If, for example, the notes have not been automatically called on a call observation date and the final underlier level of the lesser performing underlier were determined to be 25.000% of its initial underlier level, the cash settlement amount that we would deliver on your notes at maturity would be 25.000% of the face amount of your notes, as shown in the table above.  As a result, if you purchased your notes on the original issue date at the face amount and held them to the stated maturity date, you would lose 75.000% of your investment (if you purchased your notes at a premium to face amount you would lose a correspondingly higher percentage of your investment).  In addition, if the final underlier level of the lesser performing underlier were determined to be 175.000% of its initial underlier level, the cash settlement amount that we would deliver on your notes at maturity would be limited to 100.000% of each $1,000 face amount of your notes, as shown in the table above.  As a result, if you held your notes to the stated maturity date, you would not benefit from any increase in the final underlier level over the initial underlier level.

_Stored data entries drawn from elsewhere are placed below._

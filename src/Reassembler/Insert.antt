-- ===== src/Reassembler/Insert.antt =====
-- Reassembler::insert of src/reassembler.cc as a whole: the invariant, and which bytes are known.
use networkinglab.Base.{
  ℕ, zero, suc, ◌+◌, ◌-◌, ◌≤◌, ◌<◌, ◌≡◌, inl, inr, refl, ap, sym, ◌∙◌, Bool, ◌||◌, ◌&&◌, none, List,
  [], ◌∷◌, leb, ltb, length, drop, take, replicate, append-nil, take_of_length-le, sub64, sub64-eq,
  add64, add64-eq, u64_mod, arith, Bool-cases, ltb→lt, ltb→ge,
}
use networkinglab.Stream.{ByteStream, push}
use networkinglab.Stream.Invariant.{available_capacity-eq}
use networkinglab.Reassembler.{Reassembler, Substring, window_end, clip, push_now, flush}
use networkinglab.Reassembler.Layout.{
  Ordered, Ordered-mono, total, total-le, covers, AllAgree, Agrees,
}
use networkinglab.Reassembler.Sweep.{Keeps}
use networkinglab.Reassembler.Settle.{merge, merge-Keeps, merge-nil}
use networkinglab.Reassembler.Flush.{
  Sink, Grown, Grown-trans, Carries, Reached, push-Reached, Flushed, flush-Flushed,
}

-- The index behind the last byte that the stream has room for.
abbrev pub limit : ByteStream → ℕ
limit w = w.bytes_popped + w.capacity

pub window_end-eq : (hi : ℕ) (w : ByteStream) → Sink hi w → window_end w ≡ hi
window_end-eq hi w s =
    ap (add64 w.bytes_pushed) (available_capacity-eq w v (omega arith))
    ∙ add64-eq w.bytes_pushed (w.capacity - w.bytes_buffered) (omega arith)
    ∙ omega arith
  where
    open s use {valid as v}

replicate_of_zero : (n : ℕ) → n ≡ 0 → replicate {A = ℕ} n 0 ≡ []
replicate_of_zero zero e = refl
replicate_of_zero (suc n) e = absurd (omega arith)

pub clip-take :
    (hi first : ℕ) (str : List ℕ)
    → first < hi
    → hi < u64_mod
    → first + length str < u64_mod
    → clip hi first str ≡ take (hi - first) str
unfolding clip
clip-take hi first str h w l =
    rw (add64-eq first (length str) l) (elim (Bool-cases (ltb hi (first + length str))) [
      | inl c ↦
          rw
            (
              c,
              sub64-eq hi first (omega arith) w,
              replicate_of_zero (hi - first - length str) (omega (arith, ltb→lt _ _ c)),
            )
            (append-nil (take (hi - first) str))
      | inr c ↦ rw c (sym (take_of_length-le (hi - first) str (omega (arith, ltb→ge _ _ c))))
    ])

-- What an insertion of `str` at `first` makes of the nodes `ns` and the stream `w`.
pub record Inserted (hi first : ℕ) (str : List ℕ) (ns : List Substring) (w : ByteStream)
    (r : List Substring × ℕ × ByteStream) : Type 0 where
  pub ordered : Ordered (suc r.2.bytes_pushed) hi r.0
  pub counted : r.1 ≡ total r.0
  pub sink : Sink hi r.2
  pub grown : Grown w r.2
  pub covered :
      (i : ℕ)
      → (ltb i r.2.bytes_pushed || covers i r.0)
        ≡ ((ltb i w.bytes_pushed || covers i ns) || (leb first i && ltb i (first + length str)))
  pub agrees :
      (whole : ℕ → ℕ)
      → Agrees whole first str
      → AllAgree whole ns
      → Carries whole w
      → AllAgree whole r.0 × Carries whole r.2

-- insert between the clipping and the closing.
abbrev pub assemble : ℕ → List ℕ → List Substring → ℕ → ByteStream → List Substring × ℕ × ByteStream
assemble first str ns nb w =
    let (str', w') = push_now first str w in let (ms, k) = merge first str' ns nb in flush ms k w'

module _ (hi first : ℕ) (ns : List Substring) (nb : ℕ) (w : ByteStream)
    (o : Ordered (suc w.bytes_pushed) hi ns) (e : nb ≡ total ns) (s : Sink hi w) where
  open s use {valid as v}

  from_zero : Ordered 0 hi ns
  from_zero = Ordered-mono ns (omega arith) (omega arith) o

  flushes :
      (ms : List Substring) (k : ℕ) (u : ByteStream)
      → Sink hi u
      → Ordered 0 hi ms
      → k ≡ total ms
      → Flushed hi ms u (flush ms k u)
  flushes ms k u t p q =
      flush-Flushed hi ms 0 k u p q
        (omega (arith, total-le ms {lo = 0} {hi = hi} (omega arith) p, s.word)) t

  -- The data begin at or before the next byte and go past it.
  pushed-Inserted :
      (str : List ℕ)
      → first ≤ w.bytes_pushed
      → w.bytes_pushed < first + length str
      → first + length str ≤ hi
      → Inserted hi first str ns w (
          let (ms, k) = merge first [] ns nb in
          flush ms k (push w (drop (sub64 w.bytes_pushed first) str)))
  pushed-Inserted str h l f = record {
    ordered = g.ordered;
    counted = g.counted;
    sink = g.sink;
    grown = Grown-trans p.grown g.grown;
    covered = λ i. ground (arith, g.covered i, m.covered i, p.pushed);
    agrees = λ whole a b c. g.agrees whole (m.agrees whole b) (p.carries whole a c);
  }
    where
      p :
          Reached hi
            (record { start = first; bytes = str })
            w
            (push w (drop (sub64 w.bytes_pushed first) str))
      p = push-Reached hi (record { start = first; bytes = str }) w s h f

      m : Keeps 0 hi none ns (merge first [] ns nb)
      m = merge-nil hi first ns nb (omega (arith, s.word)) from_zero e

      g : Flushed hi (merge first [] ns nb).0 (push w (drop (sub64 w.bytes_pushed first) str)) (
          let (ms, k) = merge first [] ns nb in
          flush ms k (push w (drop (sub64 w.bytes_pushed first) str)))
      g =
          flushes (merge first [] ns nb).0 (merge first [] ns nb).1 _ p.sink m.ordered
            (omega (arith, m.counted))

  -- The data wait: they are all old, or they begin behind the next byte.
  waiting-Inserted :
      (str : List ℕ)
      → first + length str ≤ hi
      → Inserted hi first str ns w (let (ms, k) = merge first str ns nb in flush ms k w)
  waiting-Inserted [] f = record {
    ordered = g.ordered;
    counted = g.counted;
    sink = g.sink;
    grown = g.grown;
    covered = λ i. ground (arith, g.covered i, m.covered i);
    agrees = λ whole a b c. g.agrees whole (m.agrees whole b) c;
  }
    where
      m : Keeps 0 hi none ns (merge first [] ns nb)
      m = merge-nil hi first ns nb (omega (arith, s.word)) from_zero e

      g : Flushed hi (merge first [] ns nb).0 w (let (ms, k) = merge first [] ns nb in flush ms k w)
      g =
          flushes (merge first [] ns nb).0 (merge first [] ns nb).1 w s m.ordered
            (omega (arith, m.counted))
  waiting-Inserted (x ∷ xs) f = record {
    ordered = g.ordered;
    counted = g.counted;
    sink = g.sink;
    grown = g.grown;
    covered = λ i. ground (arith, g.covered i, m.covered i);
    agrees = λ whole a b c. g.agrees whole (m.agrees whole (a, b)) c;
  }
    where
      m :
          Keeps 0 hi none
            (record { start = first; bytes = x ∷ xs } ∷ ns)
            (merge first (x ∷ xs) ns nb)
      m = merge-Keeps hi first x xs ns nb s.word f from_zero e

      g :
          Flushed hi
            (merge first (x ∷ xs) ns nb).0
            w
            (let (ms, k) = merge first (x ∷ xs) ns nb in flush ms k w)
      g =
          flushes (merge first (x ∷ xs) ns nb).0 (merge first (x ∷ xs) ns nb).1 w s m.ordered
            (omega (arith, m.counted))

  pub assemble-Inserted :
      (str : List ℕ)
      → first + length str ≤ hi
      → Inserted hi first str ns w (assemble first str ns nb w)
  unfolding push_now
  assemble-Inserted str f =
      rw (add64-eq first (length str) (omega (arith, s.word)))
        (elim (Bool-cases (leb first w.bytes_pushed && ltb w.bytes_pushed (first + length str))) [
          | inl c ↦ rw c (pushed-Inserted str (ground arith) (ground arith) f)
          | inr c ↦ rw c (waiting-Inserted str f)
        ])

-- The Reassembler's nodes lie behind the next byte and within the window, apart from one another,
-- and `bytes_pending` counts their bytes; the stream is valid.
pub record IsSound (r : Reassembler) (w : ByteStream) : Type 0 where
  pub sink : Sink (limit w) w
  pub ordered : Ordered (suc w.bytes_pushed) (limit w) r.substrs
  pub counted : r.nbytes_substrs ≡ total r.substrs

-- Is byte `i` of the whole stream written to the output, or stored?
abbrev pub known : ℕ → Reassembler → ByteStream → Bool
known i r w = ltb i w.bytes_pushed || covers i r.substrs

-- Is it one of the bytes that come with the insertion, and within the window?
abbrev pub arrives : ℕ → ℕ → List ℕ → ByteStream → Bool
arrives i first str w = leb first i && (ltb i (first + length str) && ltb i (limit w))

-- The stored and waiting bytes are all those of the whole stream.
pub record IsTrue (whole : ℕ → ℕ) (r : Reassembler) (w : ByteStream) : Type 0 where
  pub stored : AllAgree whole r.substrs
  pub carried : Carries whole w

The cash settlement amounts shown above are entirely hypothetical; they are based on market prices for the underlier stocks that may not be achieved on the determination date and on assumptions that may prove to be erroneous.  The actual market value of your notes on the stated maturity date or at any other time, including any time you may wish to sell your notes, may bear little relation to the hypothetical cash settlement amounts shown above, and these amounts should not be viewed as an indication of the financial return on an investment in the offered notes.  The hypothetical cash settlement amounts on notes held to the stated maturity date in the examples above assume you purchased your notes at their face amount and have not been adjusted to reflect the actual issue price you pay for your notes. The return on your investment (whether positive or negative) in your notes will be affected by the amount you pay for your notes. If you purchase your notes for a price other than the face amount, the return on your investment will differ from, and may be significantly lower than, the hypothetical returns suggested by the above examples. Please read “Additional Risk Factors Specific to Your Notes — The Market Value of Your Notes May Be Influenced by Many Unpredictable Factors” on page S-3 of the accompanying general terms supplement no. 1,734.

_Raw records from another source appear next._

-- ===== src/Reassembler/Correct.antt =====
-- Reassembler::insert of src/reassembler.cc as its callers see it: the invariant, what is known,
-- what is written.
use networkinglab.Base.{
  ℕ, suc, ◌+◌, ◌-◌, ◌*◌, ◌≤◌, ◌<◌, ◌≡◌, inl, inr, refl, sym, subst, ◌∙◌, Bool, true, false, ◌||◌,
  ◌&&◌, ◌==◌, List, [], ◌∷◌, leb, length, take, length-take, u64_mod, arith, Bool-cases, leb→le,
  leb→gt, le→leb, gt→leb, if◌then◌else◌, ok, ok-injective,
}
use networkinglab.Stream
use networkinglab.Stream.{ByteStream, close, pop}
use networkinglab.Stream.Invariant.{contents, IsValid, init-IsValid, Popped, pop-Popped}
use networkinglab.Reassembler.{Reassembler, Substring, init, insert, close_if, bytes_pending}
use networkinglab.Reassembler.Layout.{
  Ordered, Ordered-mono, total-le, covers, AllAgree, Agrees, Agrees-take, Agrees-drop,
}
use networkinglab.Reassembler.Flush.{Carries}
use networkinglab.Reassembler.Insert.{
  limit, window_end-eq, clip-take, Inserted, assemble, assemble-Inserted, IsSound, known, arrives,
  IsTrue,
}

-- The flag as insert leaves it.
abbrev pub closing : Reassembler → Bool → Bool
closing r is_last = if is_last then true else r.should_close

-- The result of insert where the first index is within the window.
abbrev pub inserted : Reassembler → ℕ → List ℕ → Bool → ByteStream → Reassembler × ByteStream
inserted r first str is_last w =
    let (ms, k, v) = assemble first (take (limit w - first) str) r.substrs r.nbytes_substrs w in
    (
      record { substrs = ms; nbytes_substrs = k; should_close = closing r is_last },
      close_if (closing r is_last && (k == 0)) v,
    )

module _ (r : Reassembler) (w : ByteStream) (s : IsSound r w) (first : ℕ) (str : List ℕ)
    (is_last : Bool) (word : first + length str < u64_mod) where
  pub insert_outside : limit w ≤ first → insert r first str is_last w ≡ (r, w)
  unfolding insert
  insert_outside h = rw (window_end-eq (limit w) w s.sink, le→leb (limit w) first h)

  pub insert_inside :
      first < limit w → insert r first str is_last w ≡ inserted r first str is_last w
  unfolding insert
  insert_inside h = rw (
    window_end-eq (limit w) w s.sink,
    gt→leb (limit w) first h,
    clip-take (limit w) first str h (omega (arith, s.sink.word)) word,
  )

  pub result :
      first < limit w
      → Inserted
          (limit w)
          first
          (take (limit w - first) str)
          r.substrs
          w
          (assemble first (take (limit w - first) str) r.substrs r.nbytes_substrs w)
  result h =
      assemble-Inserted (limit w) first r.substrs r.nbytes_substrs w s.ordered s.counted s.sink
        (take (limit w - first) str) (omega (arith, length-take (limit w - first) str))

-- Closing the stream touches no counter and no byte.
close_if-IsSound :
    (r : Reassembler) (b : Bool) (v : ByteStream) → IsSound r v → IsSound r (close_if b v)
unfolding close_if close
close_if-IsSound r false v s = s
close_if-IsSound r true v s = record {
  sink = record {
    valid = record { counted = t.counted; bounded = t.bounded; total = t.total; full = t.full };
    limit = refl;
    word = s.sink.word;
  };
  ordered = s.ordered;
  counted = s.counted;
}
  where
    t : IsValid v
    t = s.sink.valid

pub close_if-same :
    (b : Bool) (v : ByteStream)
    → ((close_if b v).bytes_pushed ≡ v.bytes_pushed)
      × ((close_if b v).bytes_popped ≡ v.bytes_popped)
      × ((close_if b v).capacity ≡ v.capacity)
      × ((close_if b v).has_error ≡ v.has_error)
      × (contents (close_if b v) ≡ contents v)
      × ((close_if b v).is_closed ≡ (v.is_closed || b))
unfolding close_if close
close_if-same false v = (refl, refl, refl, refl, refl, ground arith)
close_if-same true v = (refl, refl, refl, refl, refl, ground arith)

module _ (r : Reassembler) (w : ByteStream) (s : IsSound r w) (first : ℕ) (str : List ℕ)
    (is_last : Bool) (word : first + length str < u64_mod) where
  -- If the Reassembler is sound beside its stream and the insertion ends below 2^64, it is sound
  -- after insert: its nodes lie behind the next byte and within the window, apart from one
  -- another, none of them empty, its byte count is theirs, and the stream is valid.
  pub insert-IsSound : IsSound (insert r first str is_last w).0 (insert r first str is_last w).1
  insert-IsSound = elim (Bool-cases (leb (limit w) first)) [
    | inl c ↦ rw (insert_outside r w s first str is_last word (leb→le _ _ c)) s
    | inr c ↦
        rw (insert_inside r w s first str is_last word (leb→gt _ _ c))
          (close_if-IsSound _ _ _ (sound (result r w s first str is_last word (leb→gt _ _ c))))
  ]
    where
      sound :
          {q : List Substring × ℕ × ByteStream}
          → Inserted (limit w) first (take (limit w - first) str) r.substrs w q
          → IsSound
              (record { substrs = q.0; nbytes_substrs = q.1; should_close = closing r is_last })
              q.2
      sound {q} i = record {
        sink = record {
          valid = i.sink.valid;
          limit = refl;
          word = rw (← i.sink.limit) s.sink.word;
        };
        ordered = rw (← i.sink.limit) i.ordered;
        counted = i.counted;
      }

  -- If the Reassembler is sound beside its stream and the insertion ends below 2^64, then after
  -- insert exactly those bytes are known (written or stored) that were known before, and those of
  -- the insertion that lie within the window.
  pub insert-known :
      (i : ℕ)
      → known i (insert r first str is_last w).0 (insert r first str is_last w).1
        ≡ (known i r w || arrives i first str w)
  insert-known i = elim (Bool-cases (leb (limit w) first)) [
    | inl c ↦ rw (insert_outside r w s first str is_last word (leb→le _ _ c)) (ground arith)
    | inr c ↦ rw (insert_inside r w s first str is_last word (leb→gt _ _ c)) (
        rw ((close_if-same _ _).0) (
          ground (
            arith,
            (result r w s first str is_last word (leb→gt _ _ c)).covered i,
            length-take (limit w - first) str,
          )))
  ]

  -- If the Reassembler is sound beside its stream, the insertion ends below 2^64 and is a piece of
  -- the whole stream, and the bytes that are stored and that wait are those of the whole stream,
  -- then so they are after insert.
  pub insert-IsTrue :
      (whole : ℕ → ℕ)
      → Agrees whole first str
      → IsTrue whole r w
      → IsTrue whole (insert r first str is_last w).0 (insert r first str is_last w).1
  insert-IsTrue whole a t = elim (Bool-cases (leb (limit w) first)) [
    | inl c ↦ rw (insert_outside r w s first str is_last word (leb→le _ _ c)) t
    | inr c ↦ rw (insert_inside r w s first str is_last word (leb→gt _ _ c)) (
        closed _ _ (
          (result r w s first str is_last word (leb→gt _ _ c)).agrees whole
            (Agrees-take whole (limit w - first) first str a) t.stored t.carried))
  ]
    where
      closed :
          (b : Bool) (q : List Substring × ℕ × ByteStream)
          → AllAgree whole q.0 × Carries whole q.2
          → IsTrue whole
              (record { substrs = q.0; nbytes_substrs = q.1; should_close = closing r is_last })
              (close_if b q.2)
      closed b q h = record {
        stored = h.0;
        carried = rw ((close_if-same b q.2).1, (close_if-same b q.2).4) h.1;
      }

  -- If the Reassembler is sound beside its stream and the insertion ends below 2^64, insert pops
  -- nothing, changes neither the capacity nor the error flag of the stream, and does not lower its
  -- number of bytes pushed.
  pub insert-same :
      let v = (insert r first str is_last w).1 in
      (v.bytes_popped ≡ w.bytes_popped)
      × (v.capacity ≡ w.capacity)
      × (v.has_error ≡ w.has_error)
      × (w.bytes_pushed ≤ v.bytes_pushed)
  insert-same = elim (Bool-cases (leb (limit w) first)) [
    | inl c ↦
        rw (insert_outside r w s first str is_last word (leb→le _ _ c))
          (refl, refl, refl, omega arith)
    | inr c ↦
        rw (insert_inside r w s first str is_last word (leb→gt _ _ c))
          (same _ _ (result r w s first str is_last word (leb→gt _ _ c)))
  ]
    where
      same :
          (b : Bool) (q : List Substring × ℕ × ByteStream)
          → Inserted (limit w) first (take (limit w - first) str) r.substrs w q
          → ((close_if b q.2).bytes_popped ≡ w.bytes_popped)
            × ((close_if b q.2).capacity ≡ w.capacity)
            × ((close_if b q.2).has_error ≡ w.has_error)
            × (w.bytes_pushed ≤ (close_if b q.2).bytes_pushed)
      same b q i =
          let (e0, e1, e2, e3, e4, e5) = close_if-same b q.2 in
          (
            e1 ∙ i.grown.same_popped,
            e2 ∙ i.grown.same_capacity,
            e3 ∙ i.grown.same_error,
            rw e0 i.grown.grows,
          )

-- The nodes behind an index do not hold it.
pub covers_below :
    (i lo hi : ℕ) (ns : List Substring) → i < lo → Ordered lo hi ns → covers i ns ≡ false
covers_below i lo hi [] h o = refl
covers_below i lo hi (n ∷ ns) h o =
    ground (arith, covers_below i (n.start + length n.bytes) hi ns (omega arith) o.3)

next-unknown : (r : Reassembler) (w : ByteStream) → IsSound r w → known w.bytes_pushed r w ≡ false
next-unknown r w s = ground (
  arith,
  covers_below w.bytes_pushed (suc w.bytes_pushed) (limit w) r.substrs (omega arith) s.ordered,
)

-- If the Reassembler is sound beside its stream and the insertion ends below 2^64, then insert has
-- written exactly up to the first byte that neither was known nor arrives: the next byte is such a
-- byte, and every byte before it was known or arrives.
pub insert_writes :
    (r : Reassembler) (w : ByteStream)
    → IsSound r w
    → (first : ℕ) (str : List ℕ) (is_last : Bool) → first + length str < u64_mod
    → let next = (insert r first str is_last w).1.bytes_pushed in
      ((known next r w || arrives next first str w) ≡ false)
      × ((i : ℕ) → i < next → (known i r w || arrives i first str w) ≡ true)
insert_writes r w s first str is_last word = (
  sym (insert-known r w s first str is_last word next)
      ∙ next-unknown after.0 after.1 (insert-IsSound r w s first str is_last word),
  λ i h. sym (insert-known r w s first str is_last word i) ∙ ground arith,
)
  where
    after : Reassembler × ByteStream
    after = insert r first str is_last w

    next : ℕ
    next = after.1.bytes_pushed

-- A Reassembler that is sound beside its stream and the stream together hold no more bytes than
-- the capacity.
pub pending-le :
    (r : Reassembler) (w : ByteStream)
    → IsSound r w
    → bytes_pending r + w.bytes_buffered ≤ w.capacity
unfolding bytes_pending
pending-le r w s = omega (
  arith,
  total-le r.substrs {lo = w.bytes_pushed} {hi = limit w}
      (omega (arith, s.sink.valid.total, s.sink.valid.bounded))
      (Ordered-mono r.substrs (omega arith) (omega arith) s.ordered),
)

-- The reader takes bytes, by pop or by read(): the window moves on, and all that is stored stays.
module _ (r : Reassembler) (w v : ByteStream) (len : ℕ) (s : IsSound r w) (p : Popped w v len)
    (room : (limit w + len) * 2 < u64_mod) where
  pub popped-IsSound : IsSound r v × ((i : ℕ) → known i r v ≡ known i r w)
  popped-IsSound = (
    record {
      sink = record {
        valid = p.valid;
        limit = refl;
        word = omega (arith, p.popped, p.same_capacity);
      };
      ordered =
          Ordered-mono r.substrs (omega (arith, p.same_pushed))
            (omega (arith, p.popped, p.same_capacity)) s.ordered;
      counted = s.counted;
    },
    λ i. ground (arith, p.same_pushed),
  )

  pub popped-IsTrue : (whole : ℕ → ℕ) → IsTrue whole r w → IsTrue whole r v
  popped-IsTrue whole t = record {
    stored = t.stored;
    carried =
        rw (p.removed, p.popped) (Agrees-drop whole len w.bytes_popped (contents w) t.carried);
  }

module _ (r : Reassembler) (w v : ByteStream) (len : ℕ) (s : IsSound r w)
    (h : len ≤ w.bytes_buffered) (room : (limit w + len) * 2 < u64_mod) (e : pop w len ≡ ok v) where
  popped : Popped w v len
  popped =
      let (u, f, p) =
        pop-Popped w len s.sink.valid (omega (arith, s.sink.valid.total, s.sink.valid.bounded)) h in
      subst (λ t. Popped w t len) (ok-injective (sym f ∙ e)) p

  -- If the Reassembler is sound beside its stream, a pop of bytes that are buffered, where the
  -- window stays below 2^63, leaves it sound beside the new stream, and the same bytes are known.
  pub pop-IsSound : IsSound r v × ((i : ℕ) → known i r v ≡ known i r w)
  pop-IsSound = popped-IsSound r w v len s popped room

  pub pop-IsTrue : (whole : ℕ → ℕ) → IsTrue whole r w → IsTrue whole r v
  pop-IsTrue = popped-IsTrue r w v len s popped room

-- A new Reassembler on a new stream is sound, and knows no byte.
pub init-IsSound : (capacity : ℕ) → capacity * 2 < u64_mod → IsSound init (Stream.init capacity)
unfolding init Stream.init
init-IsSound capacity h = record {
  sink = record { valid = init-IsValid capacity; limit = refl; word = omega arith };
  ordered = tt;
  counted = refl;
}

pub init-IsTrue : (whole : ℕ → ℕ) (capacity : ℕ) → IsTrue whole init (Stream.init capacity)
unfolding init Stream.init
init-IsTrue whole capacity = record { stored = tt; carried = tt }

Payments on the notes are economically equivalent to the amounts that would be paid on a combination of other instruments. For example, payments on the notes are economically equivalent to a combination of an interest-bearing bond bought by the holder and one or more options entered into between the holder and us (with one or more implicit option premiums paid over time). The discussion in this paragraph does not modify or affect the terms of the notes or the U.S. federal income tax treatment of the notes, as described elsewhere in this pricing supplement.

 
We cannot predict the actual closing levels of the underliers on any day, the final underlier level of the underliers or what the market value of your notes will be on any particular trading day, nor can we predict the relationship between the closing levels of the underliers and the market value of your notes at any time prior to the stated maturity date. The actual coupon payment, if any, that a holder of the notes will receive on each coupon payment date, the actual amount that you will receive at maturity, if any, and the rate of return on the offered notes will depend on whether or not the notes are automatically called and the actual closing levels of the underliers on the coupon observation dates and the actual final underlier levels determined by the calculation agent as described above. Moreover, the assumptions on which the hypothetical examples are based may turn out to be inaccurate. Consequently, the coupon to be paid in respect of your notes, if any, and the cash amount to be paid in respect of your notes on the stated maturity date, if any, may be very different from the information reflected in the examples above.
 

ADDITIONAL RISK FACTORS SPECIFIC TO YOUR NOTES
 
An investment in your notes is subject to the risks described below, as well as the risks and considerations described in the accompanying prospectus, in the accompanying prospectus supplement and under “Additional Risk Factors Specific to the Notes” in the accompanying general terms supplement no. 1,734. You should carefully review these risks and considerations as well as the terms of the notes described herein and in the accompanying prospectus, the accompanying prospectus supplement and the accompanying general terms supplement no. 1,734. Your notes are a riskier investment than ordinary debt securities. Also, your notes are not equivalent to investing directly in the underlier stocks, i.e., with respect to an underlier to which your notes are linked, the stocks comprising such underlier. You should carefully consider whether the offered notes are suited to your particular circumstances.
 

The Estimated Value of Your Notes At the Time the Terms of Your Notes Are Set On the Trade Date (as Determined By Reference to Pricing Models Used By GS&Co.) Is Less Than the Original Issue Price Of Your Notes
The original issue price for your notes exceeds the estimated value of your notes as of the time the terms of your notes are set on the trade date, as determined by reference to GS&Co.’s pricing models and taking into account our credit spreads. Such estimated value on the trade date is set forth above under “Estimated Value of Your Notes”; after the trade date, the estimated value as determined by reference to these models will be affected by changes in market conditions, the creditworthiness of GS Finance Corp., as issuer, the creditworthiness of The Goldman Sachs Group, Inc., as guarantor, and other relevant factors.  The price at which GS&Co. would initially buy or sell your notes (if GS&Co. makes a market, which it is not obligated to do), and the value that GS&Co. will initially use for account statements and otherwise, also exceeds the estimated value of your notes as determined by reference to these models.  As agreed by GS&Co. and the distribution participants, this excess (i.e., the additional amount described under “Estimated Value of Your Notes”) will decline to zero on a straight line basis over the period from the date hereof through the applicable date set forth above under “Estimated Value of Your Notes”.  Thereafter, if GS&Co. buys or sells your notes it will do so at prices that reflect the estimated value determined by reference to such pricing models at that time.  The price at which GS&Co. will buy or sell your notes at any time also will reflect its then current bid and ask spread for similar sized trades of structured notes. 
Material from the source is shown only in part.